It would look horrible to just commmute Libby's sentence.
6.7.2007 1:02pm
uh clem (mail):
Given the millions of dollars that have flowed into his legal defense fund, a $250,000 fine without jail time is less than a slap on the wrist. A short phone call to someone like Richard Mellon Scaife will take care of that piddling amount in a heartbeat.

So in practice, what Otis is calling for is no punishment.
6.7.2007 1:08pm
Henry (mail):
I generally oppose prison sentences for non-violent criminals, because they cost $35,000 a year, break up families, and often include being raped. For high government officials, however, they are needed as a deterrent. A fine in this case surely wouldn't be a deterrent; even if, in the unlikely event that coming up with the money would be difficult for Libby, his political supporters would help him out.
6.7.2007 1:09pm
Richard Aubrey (mail):
We would certainly hate to have Bush descend to Clinton's level in pardoning low-lifes. But if he does pardon Libby, he won't be even close to his predecessor's efforts.
It's the question of who owns the gored ox, again.
Or the question of whether Libby did anything wrong. We had dueling recollections on trial and Fitz decided that Libby's was the one he wanted criminalized.
Pardons, like commutations, are designed in part to correct obvious miscarriages of justice. There's more room for that view here than in some other cases.
6.7.2007 1:13pm
badger (mail):
One thing that doesn't come up much in these dicussions of who should and shouldn't be pardoned is their relation to the President and the appearance of impropriety. There have been so many high-profile pardons (Nixon, Poindexter, Rostenkowski, etc.) that we lose sight of just how removed from consideration convicted administration officials should be from pardon consideration. Because Presidents have unitary discretion in who they give pardons to, Presidents should, except in the most serious of circumstances, never grant pardons where they have a conflict of interest. Pardoning a VP CoS who committed a clear violation of the law in possibly obstructing an ongoing investigation into the White House, couldn't possibly be a clearer conflict of interest. And the idea of simply "trimming around the edges" by taking away prison time and leaving the fines is almost worse, since it concedes the validity of the conviction but substitutes the President's partisan judgement for that of an impartial jurist. It is sick how so many have lost perspective on this matter.
6.7.2007 1:14pm
Anderson (mail) (www):
Fitz decided that Libby's was the one he wanted criminalized.

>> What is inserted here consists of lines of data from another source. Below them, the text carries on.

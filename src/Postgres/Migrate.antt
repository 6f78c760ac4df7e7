-- ===== src/Postgres/Migrate.antt =====
-- internal/adapter/postgres/migrate.go. `S` is what the scripts change; the ledger is the names in
-- `schema_migrations` in the order of their insertion, none where the table is not there yet.
pub mod Replay
pub mod Rerun
use fx_quotes.Prelude.{
  ℕ, zero, suc, Bool, true, false, not, ◌&&◌, ◌||◌, List, [], ◌∷◌, ◌++◌, Option, none, some, Result,
  ok, err, ltb, ◌==◌, if◌then◌else◌,
}
use fx_quotes.Text.{Text, text_eq}
use fx_quotes.Postgres.Tx.{Commit, answered, refused, unconfirmed}

pub record Migrated (S : Type 0) : Type 0 where
  pub ledger : List Text
  pub schema : S

-- The faults of the calls for one file: those up to the read of the ledger, the insertion into it,
-- and the commit.
pub record MigrationIo : Type 0 where
  pub prepare_fails : Bool
  pub record_fails : Bool
  pub commit : Commit

pub data MigrateError : Type 0 where
  prepare_failed read_failed script_failed record_failed commit_failed : MigrateError

abbrev pub text_before : Text → Text → Bool
text_before [] t = true
text_before (c ∷ s) [] = false
text_before (c ∷ s) (d ∷ t) = ltb c d || (c == d && text_before s t)

abbrev insert_text : Text → List Text → List Text
insert_text s [] = s ∷ []
insert_text s (t ∷ ts) =
    let rest = insert_text s ts in if text_before s t then s ∷ t ∷ ts else t ∷ rest

-- `sort.Strings`.
unfoldable pub sort_strings : List Text → List Text
sort_strings [] = []
sort_strings (s ∷ ss) = insert_text s (sort_strings ss)

unfoldable pub recorded : Text → List Text → Bool
recorded name [] = false
recorded name (n ∷ ns) = text_eq n name || recorded name ns

module _ {S : Type 0} (files : Text → Option (S → Option S)) where
  -- The commit of a transaction that has succeeded.
  abbrev pub commit_migration :
      Commit → Migrated S → Migrated S → Migrated S × Result MigrateError (Unit {0})
  commit_migration answered before after = (after, ok tt)
  commit_migration (refused f) before after = (before, err commit_failed)
  commit_migration (unconfirmed f) before after = (after, err commit_failed)

  abbrev pub record_migration :
      MigrationIo → Text → Migrated S → Option S → Migrated S × Result MigrateError (Unit {0})
  record_migration io name db none = (db, err script_failed)
  record_migration io name db (some schema) =
      if io.record_fails
      then (db, err record_failed)
      else commit_migration io.commit db
          (record { ledger = db.ledger ++ name ∷ []; schema = schema })

  abbrev pub run_script :
      MigrationIo
      → Text
      → Migrated S
      → Option (S → Option S)
      → Migrated S × Result MigrateError (Unit {0})
  run_script io name db none = (db, err read_failed)
  run_script io name db (some sql) = record_migration io name db (sql db.schema)

  -- `applyMigration`: one transaction, under the lock of the migrations.
  unfoldable pub apply_migration :
      MigrationIo → Text → Migrated S → Migrated S × Result MigrateError (Unit {0})
  unfolding recorded
  apply_migration io name db =
      if io.prepare_fails
      then (db, err prepare_failed)
      else if recorded name db.ledger
      then commit_migration io.commit db db
      else run_script io name db (files name)

  abbrev pub then_all :
      (Migrated S → Migrated S × Result MigrateError (Unit {0}))
      → Migrated S × Result MigrateError (Unit {0})
      → Migrated S × Result MigrateError (Unit {0})
  then_all f (db, ok done) = f db
  then_all f (db, err e) = (db, err e)

  -- The loop of `runMigrations`; the faults of each file are an argument.
  unfoldable pub apply_all :
      (Text → MigrationIo) → List Text → Migrated S → Migrated S × Result MigrateError (Unit {0})
  unfolding apply_migration
  apply_all io [] db = (db, ok tt)
  apply_all io (name ∷ names) db = then_all (apply_all io names) (apply_migration (io name) name db)

  -- `runMigrations` on the names of the files.
  unfoldable pub run_migrations :
      (Text → MigrationIo) → List Text → Migrated S → Migrated S × Result MigrateError (Unit {0})
  unfolding apply_all sort_strings
  run_migrations io names db = apply_all io (sort_strings names) db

The Republican contempt for the jury system really is something that needs to be more widely publicized. Voters should know in what esteem they're held by the GOP.
6.7.2007 1:15pm
Atlantic06 (mail):
From a purely partisan position, I hope that Bush pardons Libby as quickly as possible -- I'd love to see the Republican candidates answer questions on that in future debates.
6.7.2007 1:21pm
whackjobbbb:
They already have, and most seem to favor a pardon.
6.7.2007 1:22pm
Dr. Scott (mail):
Commuting the sentence is a great idea. It immediately eliminates the injustice of a prison term, while preserving his ability to be completely cleared through an appeal. I'd commute most of the fine, as well. What fine did Sandy Berger end up paying? One-tenth of that would be about right...
6.7.2007 1:22pm
badger (mail):

We would certainly hate to have Bush descend to Clinton's level in pardoning low-lifes. But if he does pardon Libby, he won't be even close to his predecessor's efforts.

But what do you think of those who advocate descending to Clinton's level? Maybe I'm too young to remember, but I don't remember a groundswell of support among liberals and liberal opinion journals for pardoning Roger Clinton, the FALN guys, and Rostenkowski.
6.7.2007 1:24pm
Steve:
You know the old joke, Anderson. A conservative is a liberal who's been mugged, and a liberal is a conservative who's been indicted.

It saddens me that there's simply no pleasing these people. You had a Republican-appointed prosecutor in charge of the investigation, a guy universally respected, stellar reputation. Everything is done above board, you have a scrupulous investigation remarkably free from Starr-type leaks to the press. And still, they're willing to regard him as some runaway prosecutor, the equivalent of the Duke lacrosse guy. It seems like there is literally no system of justice they would regard as fair and unbiased when it's one of their own guys being targeted.
6.7.2007 1:25pm
GeoffBro (mail):
Jonathan,

Could you elaborate on your reasoning here? Otis seems, to me, to be arguing for commutation for two primary reasons:

1.) Libby did not commit the crime out of greed or malice, he is not a career criminal, and he is not a "danger to the community."
2.) Sandy Berger did not receive a similar sentence for a crime that is at least as severe.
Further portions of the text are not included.